= TASK DESCRIPTION =
Write the entries out again. Every character must match.

[Start of section]

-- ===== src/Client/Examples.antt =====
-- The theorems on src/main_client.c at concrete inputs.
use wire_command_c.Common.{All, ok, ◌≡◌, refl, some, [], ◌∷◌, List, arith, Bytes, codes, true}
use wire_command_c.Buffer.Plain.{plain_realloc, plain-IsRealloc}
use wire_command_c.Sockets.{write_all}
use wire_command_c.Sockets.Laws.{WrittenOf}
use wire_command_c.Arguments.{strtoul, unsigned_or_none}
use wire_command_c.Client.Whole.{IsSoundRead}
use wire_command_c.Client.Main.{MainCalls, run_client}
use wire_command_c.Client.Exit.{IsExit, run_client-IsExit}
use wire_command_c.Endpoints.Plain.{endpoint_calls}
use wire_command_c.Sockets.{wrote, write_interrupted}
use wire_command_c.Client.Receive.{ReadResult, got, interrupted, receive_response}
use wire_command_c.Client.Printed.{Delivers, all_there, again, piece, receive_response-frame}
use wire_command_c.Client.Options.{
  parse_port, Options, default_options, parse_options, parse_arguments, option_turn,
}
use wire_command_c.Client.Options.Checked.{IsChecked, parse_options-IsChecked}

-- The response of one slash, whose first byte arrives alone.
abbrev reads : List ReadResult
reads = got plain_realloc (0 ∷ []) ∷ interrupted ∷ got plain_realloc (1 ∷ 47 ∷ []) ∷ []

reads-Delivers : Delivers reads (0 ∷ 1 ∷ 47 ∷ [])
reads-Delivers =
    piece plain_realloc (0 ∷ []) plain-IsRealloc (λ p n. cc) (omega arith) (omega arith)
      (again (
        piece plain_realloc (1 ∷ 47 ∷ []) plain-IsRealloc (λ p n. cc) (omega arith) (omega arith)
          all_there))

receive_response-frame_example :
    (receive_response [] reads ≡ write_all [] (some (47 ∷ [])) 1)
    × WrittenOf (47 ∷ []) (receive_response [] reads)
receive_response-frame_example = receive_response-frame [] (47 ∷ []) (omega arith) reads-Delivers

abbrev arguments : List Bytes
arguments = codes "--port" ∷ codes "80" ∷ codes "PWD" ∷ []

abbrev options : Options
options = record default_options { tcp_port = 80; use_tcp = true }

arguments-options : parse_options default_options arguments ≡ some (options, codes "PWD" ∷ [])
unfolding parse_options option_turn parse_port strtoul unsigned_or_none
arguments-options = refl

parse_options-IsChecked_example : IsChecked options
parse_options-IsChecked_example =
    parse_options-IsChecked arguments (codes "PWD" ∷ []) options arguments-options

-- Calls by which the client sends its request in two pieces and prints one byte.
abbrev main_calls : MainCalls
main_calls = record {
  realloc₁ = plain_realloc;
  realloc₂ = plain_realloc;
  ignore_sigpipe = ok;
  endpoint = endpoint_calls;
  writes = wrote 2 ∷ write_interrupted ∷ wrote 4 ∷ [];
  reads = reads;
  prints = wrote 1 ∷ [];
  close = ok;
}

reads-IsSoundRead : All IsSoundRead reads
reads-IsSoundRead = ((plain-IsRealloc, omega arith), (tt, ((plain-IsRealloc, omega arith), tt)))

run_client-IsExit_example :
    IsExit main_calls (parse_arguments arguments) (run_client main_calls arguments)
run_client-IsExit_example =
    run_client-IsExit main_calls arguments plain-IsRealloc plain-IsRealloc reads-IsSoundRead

[End of section]

= WRITTEN SOLUTION =
-- ===== src/Client/Examples.antt =====
-- The theorems on src/main_client.c at concrete inputs.
use wire_command_c.Common.{All, ok, ◌≡◌, refl, some, [], ◌∷◌, List, arith, Bytes, codes, true}
use wire_command_c.Buffer.Plain.{plain_realloc, plain-IsRealloc}
use wire_command_c.Sockets.{write_all}
use wire_command_c.Sockets.Laws.{WrittenOf}
use wire_command_c.Arguments.{strtoul, unsigned_or_none}
use wire_command_c.Client.Whole.{IsSoundRead}
use wire_command_c.Client.Main.{MainCalls, run_client}
use wire_command_c.Client.Exit.{IsExit, run_client-IsExit}
use wire_command_c.Endpoints.Plain.{endpoint_calls}
use wire_command_c.Sockets.{wrote, write_interrupted}
use wire_command_c.Client.Receive.{ReadResult, got, interrupted, receive_response}
use wire_command_c.Client.Printed.{Delivers, all_there, again, piece, receive_response-frame}
use wire_command_c.Client.Options.{
  parse_port, Options, default_options, parse_options, parse_arguments, option_turn,
}
use wire_command_c.Client.Options.Checked.{IsChecked, parse_options-IsChecked}

-- The response of one slash, whose first byte arrives alone.
abbrev reads : List ReadResult
reads = got plain_realloc (0 ∷ []) ∷ interrupted ∷ got plain_realloc (1 ∷ 47 ∷ []) ∷ []

reads-Delivers : Delivers reads (0 ∷ 1 ∷ 47 ∷ [])
reads-Delivers =
    piece plain_realloc (0 ∷ []) plain-IsRealloc (λ p n. cc) (omega arith) (omega arith)
      (again (
        piece plain_realloc (1 ∷ 47 ∷ []) plain-IsRealloc (λ p n. cc) (omega arith) (omega arith)
          all_there))

receive_response-frame_example :
    (receive_response [] reads ≡ write_all [] (some (47 ∷ [])) 1)
    × WrittenOf (47 ∷ []) (receive_response [] reads)
receive_response-frame_example = receive_response-frame [] (47 ∷ []) (omega arith) reads-Delivers

abbrev arguments : List Bytes
arguments = codes "--port" ∷ codes "80" ∷ codes "PWD" ∷ []

abbrev options : Options
options = record default_options { tcp_port = 80; use_tcp = true }

arguments-options : parse_options default_options arguments ≡ some (options, codes "PWD" ∷ [])
unfolding parse_options option_turn parse_port strtoul unsigned_or_none
arguments-options = refl

parse_options-IsChecked_example : IsChecked options
parse_options-IsChecked_example =
    parse_options-IsChecked arguments (codes "PWD" ∷ []) options arguments-options

-- Calls by which the client sends its request in two pieces and prints one byte.
abbrev main_calls : MainCalls
main_calls = record {
  realloc₁ = plain_realloc;
  realloc₂ = plain_realloc;
  ignore_sigpipe = ok;
  endpoint = endpoint_calls;
  writes = wrote 2 ∷ write_interrupted ∷ wrote 4 ∷ [];
  reads = reads;
  prints = wrote 1 ∷ [];
  close = ok;
}

reads-IsSoundRead : All IsSoundRead reads
reads-IsSoundRead = ((plain-IsRealloc, omega arith), (tt, ((plain-IsRealloc, omega arith), tt)))

run_client-IsExit_example :
    IsExit main_calls (parse_arguments arguments) (run_client main_calls arguments)
run_client-IsExit_example =
    run_client-IsExit main_calls arguments plain-IsRealloc plain-IsRealloc reads-IsSoundRead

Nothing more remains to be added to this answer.